Bien, guay, ya estamos todos, toca disfrutar con los amigos.

La mañana se presenta ligeramente ventosa aunque soleada. Los escaladores, madrugadores ellos, van preparando su equipo y cargando las mochilas para realizar la aproximación a las paredes. El ex-okupa Jaime aparece fresco como el rocío de la mañana, este si que ha descansado un montón de horas; los ACaminantes vamos apareciendo con cuenta gotas, nos cuesta trabajo empezar el día, la verdad es que las copitas y la plática de anoche han sido determinantes para alargar el madrugón hasta convertirse en “ya era hora”. Pero no todo va a ser penar…

El pateo comienza con una “subidita” de una hora entre pinos y carrascas. No da tregua. La abundante y fresca vegetación facilita el transitar por el barranco ya que pronto comenzaremos a sudar, unos antes que otros. Nos entretenemos mirando a los “arañas” comenzar sus vías mientras que el sol del nuevo día va iluminando completamente la pared y reflejando su luz a lo más profundo de la canal.

Una vez en el collado y aprovechando la parada para reagruparnos es buen momento para la sesión fotográfica.
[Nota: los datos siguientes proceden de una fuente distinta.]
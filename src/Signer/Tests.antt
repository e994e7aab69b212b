-- ===== src/Signer/Tests.antt =====
-- Runs of the signer, and its theorems at concrete inputs. The key's point and its signatures are constants here.
use fast_wallet.Base.{ℕ, ◌≡◌, ◌≢◌, refl, [], ◌∷◌, ◌++◌, inl, inr, none, some, length, arith}
use fast_wallet.Errors.{invalid_private_key, no_credentials_dir, ok, err}
use fast_wallet.Errors.Text.{codes, strip_prefix}
use fast_wallet.Transaction.{Bytes, LegacyTransaction, legacy}
use fast_wallet.Transaction.Rlp.{Rlp}
use fast_wallet.Transaction.Forms.{encode_for_signing}
use fast_wallet.Transaction.Sign.{signature}
use fast_wallet.Signer.{
  Keys, FastSigner, credential, Process, from_hex, from_source, prefixed, sign_message,
}
use fast_wallet.Signer.Personal.{MarksLists, message_is_no_transaction, prefixed_distinct}
use fast_wallet.Signer.Hex.{encode, encode_prefixed, read_pairs, decode_hex-encode}

abbrev list_rlp : Rlp
list_rlp = record {
  uint = λ n. n ∷ [];
  uint_length = λ n. 1;
  string = λ b. b;
  string_length = λ b. length b;
  fixed = λ b. b;
  fixed_length = λ b. length b;
  list_header = λ n. 0xf8 ∷ n ∷ [];
  length_of_length = λ n. 2;
}

list_rlp-MarksLists : MarksLists list_rlp
list_rlp-MarksLists n = (0xf8, n ∷ [], refl, omega arith)

abbrev bytes : ℕ → Bytes
bytes b = b ∷ b ∷ b ∷ b ∷ b ∷ b ∷ b ∷ b ∷ []

abbrev word : Bytes
word = bytes 1 ++ (bytes 2 ++ (bytes 3 ++ bytes 4))

-- Every text decodes to its own bytes.
abbrev keys : Keys
keys = record {
  decode = λ s. inr s;
  keccak256 = λ b. word;
  rlp = list_rlp;
  public_key = λ k. inr (4 ∷ k);
  sign_prehash = λ k h. signature (word ++ word) 1;
}

key_run :
    from_hex keys (codes "0x" ++ word)
    ≡ ok (record { signing_key = word; address = 2 ∷ 2 ∷ 2 ∷ 2 ∷ (bytes 3 ++ bytes 4) })
unfolding from_hex strip_prefix
key_run = refl

short_run :
    from_hex keys (codes "0xab") ≡ err (invalid_private_key (codes "Expected 32 bytes, got 2"))
unfolding from_hex strip_prefix
short_run = refl

abbrev bare : Process
bare = record { credentials_directory = none; read_to_string = λ d n. inl [] }

no_directory_run : from_source keys bare (credential (codes "key")) ≡ err no_credentials_dir
unfolding from_source
no_directory_run = refl

abbrev signer : FastSigner
signer = record { signing_key = word; address = bytes 1 }

message_run : sign_message keys signer (codes "hi") 1 ≡ ok (record { r = word; s = word; v = 38 })
unfolding sign_message
message_run = refl

abbrev payment : LegacyTransaction
payment = record {
  nonce = 3;
  gas_price = 1;
  gas_limit = 21_000;
  to = some (bytes 7);
  value = 5;
  payload = [];
  chain_id = 1;
}

message_is_no_transaction_example :
    prefixed (codes "hi") ≢ encode_for_signing list_rlp (legacy payment)
message_is_no_transaction_example =
    message_is_no_transaction list_rlp (codes "hi") (legacy payment) list_rlp-MarksLists

two_messages : codes "hi" ≢ codes "12"
two_messages h = cc

prefixed_distinct_case : prefixed (codes "hi") ≢ prefixed (codes "12")
prefixed_distinct_case = prefixed_distinct (codes "hi") (codes "12") two_messages

hex_run : encode_prefixed (0 ∷ 26 ∷ 255 ∷ []) ≡ codes "0x001aff"
unfolding encode_prefixed
hex_run = refl

hex_case : read_pairs (encode (0 ∷ 26 ∷ 255 ∷ [])) ≡ some (0 ∷ 26 ∷ 255 ∷ [])
hex_case = (decode_hex-encode (λ s. inr s) (0 ∷ 26 ∷ 255 ∷ []) refl).2
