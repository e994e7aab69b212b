-- ===== src/Tracker/Calls.antt =====
-- The calls on one tracker in any order, and what holds after every one of them.
use fast_wallet.Base.{ℕ, suc, ◌<◌, u64_mod}
use fast_wallet.Tracker.{
  NonceTracker, get_and_increment, confirm, release, set, sync_forward, recover_stalled,
  reset_pending,
}
use fast_wallet.Tracker.Invariant.{
  IsValid, get_and_increment-IsValid, release-IsValid, sync_forward-IsValid,
  recover_stalled-IsValid, decrement_pending-IsValid, pending-IsValid,
}

pub data Call : Type 0 where
  reserves confirms resets : Call
  releases sets syncs recovers : ℕ → Call

unfoldable pub after : Call → NonceTracker → NonceTracker
after reserves t = (get_and_increment t).0
after confirms t = confirm t
after resets t = reset_pending t
after (releases n) t = release t n
after (sets n) t = set t n
after (syncs n) t = (sync_forward t n).0
after (recovers n) t = (recover_stalled t n).0

-- What a call needs: a word for the nonce it is given, and a next word for one it hands out.
abbrev pub Fits : Call → NonceTracker → Type 0
Fits reserves t = suc t.current < u64_mod
Fits (sets n) t = n < u64_mod
Fits (syncs n) t = n < u64_mod
Fits _ t = Unit {0}

-- Every call that fits the words keeps the tracker valid: its gaps ordered, distinct, at or above the
-- synced nonce and below the last one handed out, their count exact, the counter not behind the chain.
pub after-IsValid : (c : Call) (t : NonceTracker) → Fits c t → IsValid t → IsValid (after c t)
unfolding after confirm reset_pending set
after-IsValid reserves t h v = get_and_increment-IsValid t h v
after-IsValid confirms t h v = decrement_pending-IsValid t v
after-IsValid resets t h v = pending-IsValid t 0 v
after-IsValid (releases n) t h v = release-IsValid t n v
after-IsValid (sets n) t h v = sync_forward-IsValid t n h v
after-IsValid (syncs n) t h v = sync_forward-IsValid t n h v
after-IsValid (recovers n) t h v = recover_stalled-IsValid t n v
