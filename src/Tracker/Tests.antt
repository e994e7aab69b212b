-- ===== src/Tracker/Tests.antt =====
-- Runs of the tracker, and its theorems at them.
use fast_wallet.Base.{◌≡◌, refl, true, false, ◌&&◌, ◌||◌, List, [], ◌∷◌, arith, if◌then◌else◌}
use fast_wallet.NonceSet.{contains, insert, remove, retain_from}
use fast_wallet.Tracker.{
  NonceTracker, new, get_and_increment, release, sync_forward, recover_stalled,
  effective_next_nonce,
}
use fast_wallet.Tracker.Invariant.{IsValid}
use fast_wallet.Tracker.Availability.{
  available, Takes, get_and_increment-Takes, release-available, sync_forward-available,
  recover_stalled-available,
}
use fast_wallet.Tracker.Calls.{Call, after, reserves, releases, syncs, after-IsValid}

run : List Call → NonceTracker → NonceTracker
unfolding after new get_and_increment release sync_forward recover_stalled contains insert remove
    retain_from
run [] t = t
run (c ∷ cs) t = run cs (after c t)

-- Nonces 26, 27 and 28 handed out, 26 and 27 released again.
abbrev two_gaps : NonceTracker
two_gaps = record {
  current = 29;
  pending_count = 1;
  synced_nonce = 26;
  gaps = 26 ∷ 27 ∷ [];
  gap_count = 2;
}

two_gaps-run :
    run (reserves ∷ reserves ∷ reserves ∷ releases 26 ∷ releases 27 ∷ []) (new 26) ≡ two_gaps
unfolding run
two_gaps-run = refl

-- Releasing the top nonce steps the counter down over the gaps below it.
collapse_run : (run (releases 28 ∷ []) two_gaps).current ≡ 26
unfolding run
collapse_run = refl

sync_run : (run (syncs 27 ∷ []) two_gaps).gaps ≡ 27 ∷ []
unfolding run
sync_run = refl

effective_run : effective_next_nonce two_gaps ≡ 26
unfolding effective_next_nonce
effective_run = refl

two_gaps-IsValid : IsValid two_gaps
two_gaps-IsValid = record {
  ahead = omega arith;
  word = omega arith;
  ordered = omega arith;
  counted = refl;
}

get_and_increment-Takes_case : Takes two_gaps (get_and_increment two_gaps)
get_and_increment-Takes_case = get_and_increment-Takes two_gaps (omega arith) two_gaps-IsValid

release-available_example : available (release two_gaps 28) 28 ≡ (available two_gaps 28 || true)
release-available_example = release-available two_gaps 28 28 two_gaps-IsValid

sync_forward-available_case :
    available (sync_forward two_gaps 27).0 26 ≡ (available two_gaps 26 && false)
sync_forward-available_case = sync_forward-available two_gaps 27 26 two_gaps-IsValid

recover_stalled-available_case :
    available (recover_stalled two_gaps 27).0 28
    ≡ (if (recover_stalled two_gaps 27).1 then true else available two_gaps 28)
recover_stalled-available_case = recover_stalled-available two_gaps 27 28

after-IsValid_example : IsValid (after (releases 28) two_gaps)
after-IsValid_example = after-IsValid (releases 28) two_gaps tt two_gaps-IsValid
El marco es ideal: la bahía de Benidorm con su isla a nuestros pies y el desafiante Puig Campana mostrándose imponente delante de nosotros. Combinamos las imágenes del mar y la montaña como si de un proyector de diapositivas se tratase.
Un ligero descenso, que nos viene de lujo ahora que tenemos las piernas cargadas, nos acerca al Coll de Pouet; cruce de caminos desde donde uno puede adentrarse en la sierra de Aitana o encaramarse al Puig Campana. Este será nuestro destino.
La subida al Puig Campana por la cara Norte es exigente aunque menos que por la cara Sur donde la pendiente media es del 24%. Cada uno vamos subiendo a nuestro aire ya que al final nos encontraremos en la cima. El ascenso nos permite ver toda la red de senderos que rodean el Puig y se acercan a la cima de Aitana, la más alta de Alicante.
Alcanzado el collado pasamos a la vertiente Este y se nos abre la gran ventana del Mediterráneo. El día esta limpio, sin neblina, y tenemos a nuestro alcance toda la línea costera desde el Cabo de la Nao en Denia hasta el Cabo de Palos, pasado el Mar Menor. En el horizonte se vislumbra la isla de Ibiza. Increíble.
¿Quién dice que no hay montaña en Alicante? Alrededor tenemos las sierras de Bernia, Aixorta, La Serrella, Aitana y me apreciada Sierra Helada donde están las instalaciones de Mundomar y Aqualandia, allí están los peques pasándolo en grande con los leones marinos, delfines y pajarracos.
Reponemos fuerzas y antes de comenzar el descenso echamos un último vistazo para grabar en nuestras retinas todas estas imágenes. No siempre se consiguen, yo he subido muchas veces y podría contar con las manos las veces que he podido disfrutar con ellas. Nos dividimos en dos grupos, Jaime se encarga de capitanear el regreso de Rosa, Patri, Asun y Seve, Alfonso y yo salimos disparados hacia abajo para llegar antes y adelantar lo más posible la hora de la comida.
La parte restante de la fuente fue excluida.